Il Santuario di Montalto

Ormai è buio, m’avvio verso casa. Stasera c’è la festa di Dario, è il suo primo cinquantennio, motivo che mi ha spinto fin qui. Volevo venirci da tempo a Messina, e adesso capisco perché: mi chiamava in silenzio questo luogo, mi invitava senza palesarsi, quasi mi annuiva parole da leggere nella chiaroveggenza del mare.

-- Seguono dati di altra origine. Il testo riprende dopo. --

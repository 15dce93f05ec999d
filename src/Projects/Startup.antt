-- ===== src/Projects/Startup.antt =====
-- Startup: `recover_interrupted_operations` and `validate_completed_workspace_creation` of
-- src/core/recovery.cpp. A refusal is given by its detail; the head of its message, which names
-- the Project and the operation, is left out.
pub mod Validate
use tribios_vfs.Common.{
  ℕ, Bool, true, false, List, [], ◌∷◌, ◌++◌, Bytes, codes, bytes_eq, is_empty, starts_with, drop,
  map, to_string, Option, none, some, ◌==◌, ◌&&◌, ◌||◌, not, if◌then◌else◌,
}
use tribios_vfs.Store.Types.{
  Database, ProjectRecord, RecoveryOperation, WorkspaceState, WorkspaceRecord, creating, active,
  removed, reclaimed,
}
use tribios_vfs.Store.Sql.{Outcome, ok, error}
use tribios_vfs.Store.Workspaces.{
  load_project_record, load_workspace_record, load_all_workspace_records, set_workspace_state,
  set_workspace_reclamation_duration,
}
use tribios_vfs.Store.Tombstones.{clear_tombstones, load_workspace_tombstones}
use tribios_vfs.Store.Journal.{
  abandon_recovery_operation, load_recovery_operations, record_recovery_diagnostic,
}
use tribios_vfs.Engine.Host.{Tree, Node, lstat}
use tribios_vfs.Recovery.{Storage, valid_recovery_relative_path, recover_operation}
use tribios_vfs.Projects.Names.{is_unsafe_name, path_join}
use tribios_vfs.Projects.Git.{
  Repository, Run, git_dir_name, contains_text, in_git, unregister_linked_worktree,
  rollback_linked_worktree_creation,
}
use tribios_vfs.Projects.State.{
  Manager, Machine, WorkspaceDir, find_dir, drop_dir, upper_of, loading, clearing, timing,
  reclaiming, undo_state, undo_journal, settling, remove_storage, sync_workspaces, list_workspaces,
  remove_staging, sync_staging,
}
use tribios_vfs.Projects.Remove.{is_active}

-- `std::getline` on a file.
unfoldable pub line_of : Bytes → Bytes
line_of [] = []
line_of (c ∷ s) = let rest = line_of s in if c == b'\n' then [] else c ∷ rest

unfoldable pub pointer_in : Option Tree → Bytes
unfolding line_of lstat
pointer_in none = []
pointer_in (some t) = elim (lstat t git_dir_name) [ none ↦ [] | some n ↦ line_of n.body ]

unfoldable pub or_empty : Option Bytes → Bytes
or_empty none = []
or_empty (some s) = s

unfoldable pub is_active_record : Option WorkspaceRecord → Bool
is_active_record none = false
is_active_record (some r) = is_active r.state

-- Without a record, or with an Active one, the removal never took effect.
unfoldable pub is_not_removed : Option WorkspaceRecord → Bool
is_not_removed none = true
is_not_removed (some r) = is_active r.state

-- The storage of one Workspace, for the operations of its engine, and back.
unfoldable pub tree_or_empty : Option Tree → Tree
tree_or_empty none = []
tree_or_empty (some t) = t

unfoldable pub storage_of : Option WorkspaceDir → Database → Storage
storage_of none db = record { upper = []; stages = []; db = db }
storage_of (some d) db = record { upper = tree_or_empty d.upper; stages = d.stages; db = db }

unfoldable pub kept_upper : Option Tree → Tree → Option Tree
kept_upper none [] = none
kept_upper o t = some t

unfoldable pub put_storage : Bytes → Storage → List WorkspaceDir → List WorkspaceDir
put_storage name t = map λ d.
    if bytes_eq d.name name
    then record d { upper = kept_upper d.upper t.upper; stages = t.stages }
    else d

module _ {W : Type 0} (m : Machine W) where
  abbrev Result : Type 0
  Result = Outcome (Unit {0}) × Manager W

  unfoldable pub check_list : Bytes → Bytes → Run × W → Outcome (Unit {0}) × W
  check_list target listed_path (r, w) =
      if not r.succeeded
        || not (contains_text (codes "worktree " ++ listed_path) r.output)
        || (not (is_empty target)
            && not (contains_text (codes "branch refs/heads/" ++ target) r.output))
      then (error (codes "Git linked-worktree registry is inconsistent"), w)
      else (ok tt, w)

  unfoldable pub check_objects : Bytes → Bytes → Run × W → Outcome (Unit {0}) × W
  check_objects target listed_path (r, w) =
      if not r.succeeded
      then (error (codes "Git integrity check failed: " ++ r.output), w)
      else check_list target listed_path (
          m.git.run
            (codes "git"
              ∷ codes "-C"
              ∷ m.paths.root
              ∷ codes "worktree"
              ∷ codes "list"
              ∷ codes "--porcelain"
              ∷ [])
            w)

  -- The tests of the administrative directory to which the pointer leads.
  unfoldable pub check_admin : Bytes → Bytes → Bytes → W → Outcome (Unit {0}) × W
  check_admin workspace target admin w =
      let registry = m.git.canonical (in_git m.git m.paths.root (codes "worktrees")) w in
      let git_file = m.git.first_line (path_join admin (codes "gitdir")) w in
      let listed_path = m.git.parent_path git_file in
      if not (m.git.is_directory admin w)
      then (error (codes "active Workspace Git administrative directory is missing"), w)
      else if elim registry [ none ↦ true | some r ↦ false ]
          || not (
              bytes_eq (m.git.parent_path (or_empty (m.git.canonical admin w))) (or_empty registry))
      then (error (codes "Git administrative directory is outside the Project registry"), w)
      else if not (bytes_eq (m.git.filename git_file) git_dir_name)
          || not (bytes_eq (m.git.filename listed_path) workspace)
      then (error (codes "Git linked-worktree record points at the wrong Workspace"), w)
      else check_objects target listed_path (
          m.git.run
            (codes "git"
              ∷ codes "--git-dir"
              ∷ admin
              ∷ codes "fsck"
              ∷ codes "--connectivity-only"
              ∷ [])
            w)

  unfoldable pub validate_completed_workspace_creation :
      Bytes → Bytes → Option Tree → W → Outcome (Unit {0}) × W
  validate_completed_workspace_creation workspace target upper w =
      let pointer = pointer_in upper in
      if not (starts_with (codes "gitdir: ") pointer)
      then (error (codes "active Workspace has no valid .git pointer"), w)
      else check_admin workspace target (drop 8 pointer) w

  unfoldable pub with_git : Outcome (Unit {0}) × W → Manager W → Result
  with_git (r, w) s = (r, record s { git = w })

  unfoldable pub with_tables : Outcome (Unit {0}) × Database → Manager W → Result
  with_tables (r, db) s = (r, record s { db = db })

  -- The next step, where the last one succeeded.
  unfoldable pub then_do : Result → (Manager W → Result) → Result
  then_do (error e, s) next = (error e, s)
  then_do (ok u, s) next = next s

  unfoldable pub abandon_journaled : RecoveryOperation → Manager W → Result
  abandon_journaled o s = with_tables (abandon_recovery_operation (m.sql settling) o.id s.db) s

  unfoldable pub reclaim_record : RecoveryOperation → Option WorkspaceRecord → Manager W → Result
  reclaim_record o none s = (ok tt, s)
  reclaim_record o (some r) s =
      with_tables (set_workspace_state (m.sql undo_state) o.workspace reclaimed s.db) s

  unfoldable pub roll_back_git : RecoveryOperation → ProjectRecord → Manager W → Result
  roll_back_git o project s =
      with_git
        (rollback_linked_worktree_creation m.git m.paths.root o.target
          (path_join project.mount_point o.workspace)
          (path_join (path_join m.paths.tribios_dir (codes "staging")) o.workspace) s.git)
        s

  unfoldable pub roll_back_creation :
      RecoveryOperation → Option WorkspaceRecord → Option ProjectRecord → Manager W → Result
  roll_back_creation o r none s =
      (error (codes "Project record is missing during Workspace creation rollback"), s)
  roll_back_creation o r (some project) s =
      if not (m.fault remove_storage == 0)
      then (error (m.strerror (m.fault remove_storage)), s)
      else then_do (roll_back_git o project (record s { dirs = drop_dir o.workspace s.dirs }))
          (reclaim_record o r)

  unfoldable pub recover_creation : RecoveryOperation → Manager W → Result
  recover_creation o s =
      let r = load_workspace_record (m.sql loading) o.workspace s.db in
      then_do
        (if is_active_record r
          then with_git
              (validate_completed_workspace_creation o.workspace o.target
                (upper_of o.workspace s.dirs) s.git)
              s
          else roll_back_creation o r (load_project_record s.db) s)
        (abandon_journaled o)

  unfoldable pub clear_removed : RecoveryOperation → Manager W → Result
  clear_removed o s =
      then_do (with_tables (clear_tombstones (m.sql clearing) o.workspace s.db) s) λ a.
        then_do
          (with_tables (set_workspace_reclamation_duration (m.sql timing) o.workspace 0 a.db) a)
          λ b.
            then_do
              (with_tables (set_workspace_state (m.sql reclaiming) o.workspace reclaimed b.db) b)
              (abandon_journaled o)

  unfoldable pub remove_storage_of : RecoveryOperation → Manager W → Result
  remove_storage_of o s =
      let after = record s { dirs = drop_dir o.workspace s.dirs } in
      if not (m.fault remove_storage == 0)
      then (error (m.strerror (m.fault remove_storage)), s)
      else if not (m.fault sync_workspaces == 0)
      then (error (codes "cannot flush Workspace cleanup"), after)
      else (ok tt, after)

  unfoldable pub complete_removal : RecoveryOperation → Option ProjectRecord → Manager W → Result
  complete_removal o none s = (error (codes "Project record is missing"), s)
  complete_removal o (some project) s =
      then_do
        (with_git
          (unregister_linked_worktree m.git m.paths.root (path_join project.mount_point o.workspace)
            s.git)
          s)
        λ a. then_do (remove_storage_of o a) (clear_removed o)

  unfoldable pub recover_removal : RecoveryOperation → Manager W → Result
  recover_removal o s =
      if is_not_removed (load_workspace_record (m.sql loading) o.workspace s.db)
      then abandon_journaled o s
      else complete_removal o (load_project_record s.db) s

  unfoldable pub with_storage : Bytes → Outcome (Unit {0}) × Storage → Manager W → Result
  with_storage name (r, t) s = (r, record s { db = t.db; dirs = put_storage name t s.dirs })

  unfoldable pub recover_one : RecoveryOperation → Manager W → Result
  recover_one o s =
      if bytes_eq o.kind (codes "workspace_create")
      then recover_creation o s
      else if bytes_eq o.kind (codes "workspace_remove")
      then recover_removal o s
      else with_storage o.workspace
          (recover_operation m.host o (storage_of (find_dir o.workspace s.dirs) s.db)) s

  unfoldable pub recover_each : List RecoveryOperation → Manager W → Result
  recover_each [] s = (ok tt, s)
  recover_each (o ∷ os) s = then_do (recover_one o s) (recover_each os)

  -- A listing that fails gives no directories, and then nothing is said of it.
  unfoldable pub clear_recovery_dirs : List WorkspaceDir → List WorkspaceDir
  clear_recovery_dirs dirs =
      if not (m.fault list_workspaces == 0)
      then dirs
      else map {A = WorkspaceDir} (λ d. record d { stages = [] }) dirs

  unfoldable pub remake_staging : Manager W → Result
  remake_staging s =
      let staging = path_join m.paths.tribios_dir (codes "staging") in
      let after = record s { git = m.git.make_dirs staging (m.git.remove_dir staging s.git) } in
      if not (m.fault remove_staging == 0)
      then (
        error (codes "cannot reclaim staging artifacts: " ++ m.strerror (m.fault remove_staging)),
        s,
      )
      else if not (m.fault sync_staging == 0)
      then (error (codes "cannot recreate durable staging directory"), after)
      else (ok tt, after)

  unfoldable pub recover_loaded : Outcome (List RecoveryOperation) → Manager W → Result
  recover_loaded (error e) s = (error e, s)
  recover_loaded (ok os) s =
      then_do (recover_each os s)
        (λ t. remake_staging (record t { dirs = clear_recovery_dirs t.dirs }))

  unfoldable pub recover_interrupted_operations : Manager W → Result
  recover_interrupted_operations s =
      recover_loaded (load_recovery_operations (m.sql loading) s.db) s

Cerco una libreria prima di rientrare, ne trovo tante, di bellissime. Ne visito alcune, voglio una copia di Horcynus Orca di Stefano D’Arrigo. Nel suo libro Tomasello ne parla a lungo, lo cita sovente come un pellegrino fa con la Bibbia, è una pietra filosofale fondamentale per comprendere l’anima letteraria e spirituale dello Stretto. Ne avevo già sentito parlare tanto in passato perché è considerato l’Ulisse di Joyce della lingua italiana, e in più di un autore messinese che scrive un’opera che diventa testamentaria di un’epopea. La libreria Gilda dei Narratori è quella che più mi ispira, è ricca, grande, scaffalature infinite, ci potrei passare le settimane. I librai sono gentilissimi e la ragazza che mi serve è bellissima. Trovo la mia copia con le sue milleeduecento pagine ben compatte edizione Bur che ne sembrano trecento, non so se le leggerò mai, di sicuro ne ho l’intenzione, intanto adesso D’Arrigo è nella mia libreria col suo dorso accanto a Natoli, Pirandello, Brancati e Sciascia, ovvero dove deve stare, negli scaffali della letteratura siciliana, la più alta al mondo che potrebbe fare categoria da sola ed equiparabile solamente alla russa.

Il monumento che ricorda il soccorso offerto dai Marinai Russi ai Messinesi subito dopo il disastroso terremoto del 1908.

Passa il treno, mi porta verso ovest. Da lì poi un cambio per tornare a casa, nel profondo sud del sud, a poco più di cento miglia dalla costa tunisina. Arrivato ad Agrigento già il ricordo di Messina si è fatto corpo, si è iniettato nel sangue, m’ha già sormontato e plasmato. Ne scrivo adesso, in questa notte fredda ma pur sempre protetta dal Mediterraneo, ultima divinità trascendente a preservarci dai tentacoli della banalità liberale. Qui ritrovo la pace mentre già pianifico di tornare alla frontiera, l’unico luogo che certifica la forza di essere chi sono.